* _Task to carry out_
Here are some records. Print all of them exactly.

* _Saved data entries_
§ §

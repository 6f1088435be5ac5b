-- ===== src/Watchdog/Retry.antt =====
-- When a restart is tried at all, and what follows from its being tried only at a transition.
use teslamate_watchdog.Shared.{
  ℕ, String, ◌≡◌, refl, ap, sym, ◌∙◌, ◌↔◌, Bool, false, some, List, [], ◌∷◌, ◌++◌, arith,
}
use teslamate_watchdog.Python.{Python}
use teslamate_watchdog.Config.{Config}
use teslamate_watchdog.StateMachine
use teslamate_watchdog.StateMachine.{State, Observation, Transition, evaluate}
use teslamate_watchdog.StateMachine.Confirmation.{step_reports, step_same}
use teslamate_watchdog.RestartManager.Guard.{MayRestart, evaluate-MayRestart}
use teslamate_watchdog.DockerClient.{ContainerRef, restart}
use teslamate_watchdog.LogClassifier.{Classifier}
use teslamate_watchdog.Recovery.{active}
use teslamate_watchdog.Watchdog.{
  Watchdog, Cycle, decide, probe_auth, react, observe, check_once, run, publish_status,
}
use teslamate_watchdog.Watchdog.Safety.{attempt, react-Effects}

module _ (py : Python) (search : String → Bool) (k : Classifier) (c : Config) where
  -- The transition of `attempt` is one that the state machine reports, under the restart policy.
  pub attempt-MayRestart :
      (env : Cycle) (o : Observation) (d : Watchdog) (t : Transition)
      → (attempt py search k c env o d ≡ some t) ↔ (
          ((StateMachine.step c o d.world.machine).1 ≡ some t)
          × MayRestart c t.current d.database_healthy_streak
              (probe_auth py search k c env t.current)
              env.outside.times.guard
              d.world.restarts)
  unfolding attempt decide
  attempt-MayRestart env o d t =
      let iff =
        evaluate-MayRestart c t.current d.database_healthy_streak
          (probe_auth py search k c env t.current) env.outside.times.guard d.world.restarts in
      (λ h. (ground arith, iff.0 (ground arith)), λ h. ground (arith, h.0, iff.1 h.1))

  -- The state machine reports the transition, and every condition of the restart policy holds.
  abbrev pub CallsForRestart : Cycle → Observation → Watchdog → Transition → Type 0
  CallsForRestart env o d t =
      ((StateMachine.step c o d.world.machine).1 ≡ some t)
      × MayRestart c t.current d.database_healthy_streak (probe_auth py search k c env t.current)
          env.outside.times.guard d.world.restarts

  react_same_state :
      (env : Cycle) (o : Observation) (d : Watchdog)
      → active d.world ≡ false
      → (evaluate o).state ≡ d.world.machine.state
      → let d' = react py search k c env o d in
        (d'.world.posted ≡ d.world.posted)
        × (d'.world.restarts ≡ d.world.restarts)
        × (active d'.world ≡ false)
        × (d'.world.machine.state ≡ d.world.machine.state)
  unfolding react
  react_same_state env o d idle h =
      let same = step_same c o d.world.machine h in
      let quiet = (step_reports c o d.world.machine).0.1 same in
      rw (idle, quiet) (refl, refl, idle, same)

  check_once_same_state :
      (env : Cycle) (d : Watchdog)
      → active d.world ≡ false
      → (evaluate (observe py search k c env d).1).state ≡ d.world.machine.state
      → let d' = check_once py search k c env d in
        (d'.world.posted ≡ d.world.posted)
        × (d'.world.restarts ≡ d.world.restarts)
        × (active d'.world ≡ false)
        × (d'.world.machine.state ≡ d.world.machine.state)
  unfolding observe check_once publish_status
  check_once_same_state env d idle h =
      let (seen, o) = observe py search k c env d in react_same_state env o seen idle h

  -- each cycle, the earliest last, observes the state `s` again
  abbrev pub Persists : State → Watchdog → List Cycle → Type 0
  Persists s d [] = Unit
  Persists s d (env ∷ past) =
      ((evaluate (observe py search k c env (run py search k c d past)).1).state ≡ s)
      × Persists s d past

  -- If no recovery is in progress and every cycle observes the state that the machine is in, no
  -- restart is tried or recorded in any of the cycles, whatever the guard would say.
  pub run-Persists :
      (s : State) (d : Watchdog) (cycles : List Cycle)
      → active d.world ≡ false
      → d.world.machine.state ≡ s
      → Persists s d cycles
      → let d' = run py search k c d cycles in
        (d'.world.posted ≡ d.world.posted)
        × (d'.world.restarts ≡ d.world.restarts)
        × (active d'.world ≡ false)
        × (d'.world.machine.state ≡ s)
  unfolding run
  run-Persists s d [] idle at all = (refl, refl, idle, at)
  run-Persists s d (env ∷ past) idle at all =
      let before = run py search k c d past in
      let (posted, restarts, idle', at') = run-Persists s d past idle at all.1 in
      let now = check_once_same_state env before idle' (all.0 ∙ sym at') in
      (now.0 ∙ posted, now.1 ∙ restarts, now.2, now.3 ∙ at')

  -- If no recovery is in progress and a restart that is tried is sent to Docker but not confirmed,
  -- no recovery begins, and the guard decides on every later restart as if there had been none.
  pub react_unconfirmed :
      (env : Cycle) (o : Observation) (d : Watchdog) (t : Transition) (ref : ContainerRef)
      → active d.world ≡ false
      → attempt py search k c env o d ≡ some t
      → (restart c env.outside.proxy c.teslamate_container).posted ≡ ref.id ∷ []
      → (restart c env.outside.proxy c.teslamate_container).succeeded ≡ false
      → let d' = react py search k c env o d in
        (d'.world.posted ≡ d.world.posted ++ ref.id ∷ [])
        × (active d'.world ≡ false)
        × ((next : Cycle) (s : State) (streak : ℕ)
            → decide py search k c next s streak d'.world.restarts
              ≡ decide py search k c next s streak d.world.restarts)
  react_unconfirmed env o d t ref idle tried sent failed =
      let effects = react-Effects py search k c env o d idle in
      (
        ground (arith, effects, tried, sent),
        ground (arith, effects, tried, failed, idle),
        λ next s streak.
            ap (λ m. decide py search k c next s streak m) (ground (arith, effects, tried, failed)),
      )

§ §

* _Exercise response_
repository 6f1088435be5ac5b
-- ===== src/Watchdog/Retry.antt =====
-- When a restart is tried at all, and what follows from its being tried only at a transition.
use teslamate_watchdog.Shared.{
  ℕ, String, ◌≡◌, refl, ap, sym, ◌∙◌, ◌↔◌, Bool, false, some, List, [], ◌∷◌, ◌++◌, arith,
}
use teslamate_watchdog.Python.{Python}
use teslamate_watchdog.Config.{Config}
use teslamate_watchdog.StateMachine
use teslamate_watchdog.StateMachine.{State, Observation, Transition, evaluate}
use teslamate_watchdog.StateMachine.Confirmation.{step_reports, step_same}
use teslamate_watchdog.RestartManager.Guard.{MayRestart, evaluate-MayRestart}
use teslamate_watchdog.DockerClient.{ContainerRef, restart}
use teslamate_watchdog.LogClassifier.{Classifier}
use teslamate_watchdog.Recovery.{active}
use teslamate_watchdog.Watchdog.{
  Watchdog, Cycle, decide, probe_auth, react, observe, check_once, run, publish_status,
}
use teslamate_watchdog.Watchdog.Safety.{attempt, react-Effects}

module _ (py : Python) (search : String → Bool) (k : Classifier) (c : Config) where
  -- The transition of `attempt` is one that the state machine reports, under the restart policy.
  pub attempt-MayRestart :
      (env : Cycle) (o : Observation) (d : Watchdog) (t : Transition)
      → (attempt py search k c env o d ≡ some t) ↔ (
          ((StateMachine.step c o d.world.machine).1 ≡ some t)
          × MayRestart c t.current d.database_healthy_streak
              (probe_auth py search k c env t.current)
              env.outside.times.guard
              d.world.restarts)
  unfolding attempt decide
  attempt-MayRestart env o d t =
      let iff =
        evaluate-MayRestart c t.current d.database_healthy_streak
          (probe_auth py search k c env t.current) env.outside.times.guard d.world.restarts in
      (λ h. (ground arith, iff.0 (ground arith)), λ h. ground (arith, h.0, iff.1 h.1))

  -- The state machine reports the transition, and every condition of the restart policy holds.
  abbrev pub CallsForRestart : Cycle → Observation → Watchdog → Transition → Type 0
  CallsForRestart env o d t =
      ((StateMachine.step c o d.world.machine).1 ≡ some t)
      × MayRestart c t.current d.database_healthy_streak (probe_auth py search k c env t.current)
          env.outside.times.guard d.world.restarts

  react_same_state :
      (env : Cycle) (o : Observation) (d : Watchdog)
      → active d.world ≡ false
      → (evaluate o).state ≡ d.world.machine.state
      → let d' = react py search k c env o d in
        (d'.world.posted ≡ d.world.posted)
        × (d'.world.restarts ≡ d.world.restarts)
        × (active d'.world ≡ false)
        × (d'.world.machine.state ≡ d.world.machine.state)
  unfolding react
  react_same_state env o d idle h =
      let same = step_same c o d.world.machine h in
      let quiet = (step_reports c o d.world.machine).0.1 same in
      rw (idle, quiet) (refl, refl, idle, same)

  check_once_same_state :
      (env : Cycle) (d : Watchdog)
      → active d.world ≡ false
      → (evaluate (observe py search k c env d).1).state ≡ d.world.machine.state
      → let d' = check_once py search k c env d in
        (d'.world.posted ≡ d.world.posted)
        × (d'.world.restarts ≡ d.world.restarts)
        × (active d'.world ≡ false)
        × (d'.world.machine.state ≡ d.world.machine.state)
  unfolding observe check_once publish_status
  check_once_same_state env d idle h =
      let (seen, o) = observe py search k c env d in react_same_state env o seen idle h

  -- each cycle, the earliest last, observes the state `s` again
  abbrev pub Persists : State → Watchdog → List Cycle → Type 0
  Persists s d [] = Unit
  Persists s d (env ∷ past) =
      ((evaluate (observe py search k c env (run py search k c d past)).1).state ≡ s)
      × Persists s d past

  -- If no recovery is in progress and every cycle observes the state that the machine is in, no
  -- restart is tried or recorded in any of the cycles, whatever the guard would say.
  pub run-Persists :
      (s : State) (d : Watchdog) (cycles : List Cycle)
      → active d.world ≡ false
      → d.world.machine.state ≡ s
      → Persists s d cycles
      → let d' = run py search k c d cycles in
        (d'.world.posted ≡ d.world.posted)
        × (d'.world.restarts ≡ d.world.restarts)
        × (active d'.world ≡ false)
        × (d'.world.machine.state ≡ s)
  unfolding run
  run-Persists s d [] idle at all = (refl, refl, idle, at)
  run-Persists s d (env ∷ past) idle at all =
      let before = run py search k c d past in
      let (posted, restarts, idle', at') = run-Persists s d past idle at all.1 in
      let now = check_once_same_state env before idle' (all.0 ∙ sym at') in
      (now.0 ∙ posted, now.1 ∙ restarts, now.2, now.3 ∙ at')

  -- If no recovery is in progress and a restart that is tried is sent to Docker but not confirmed,
  -- no recovery begins, and the guard decides on every later restart as if there had been none.
  pub react_unconfirmed :
      (env : Cycle) (o : Observation) (d : Watchdog) (t : Transition) (ref : ContainerRef)
      → active d.world ≡ false
      → attempt py search k c env o d ≡ some t
      → (restart c env.outside.proxy c.teslamate_container).posted ≡ ref.id ∷ []
      → (restart c env.outside.proxy c.teslamate_container).succeeded ≡ false
      → let d' = react py search k c env o d in
        (d'.world.posted ≡ d.world.posted ++ ref.id ∷ [])
        × (active d'.world ≡ false)
        × ((next : Cycle) (s : State) (streak : ℕ)
            → decide py search k c next s streak d'.world.restarts
              ≡ decide py search k c next s streak d.world.restarts)
  react_unconfirmed env o d t ref idle tried sent failed =
      let effects = react-Effects py search k c env o d idle in
      (
        ground (arith, effects, tried, sent),
        ground (arith, effects, tried, failed, idle),
        λ next s streak.
            ap (λ m. decide py search k c next s streak m) (ground (arith, effects, tried, failed)),
      )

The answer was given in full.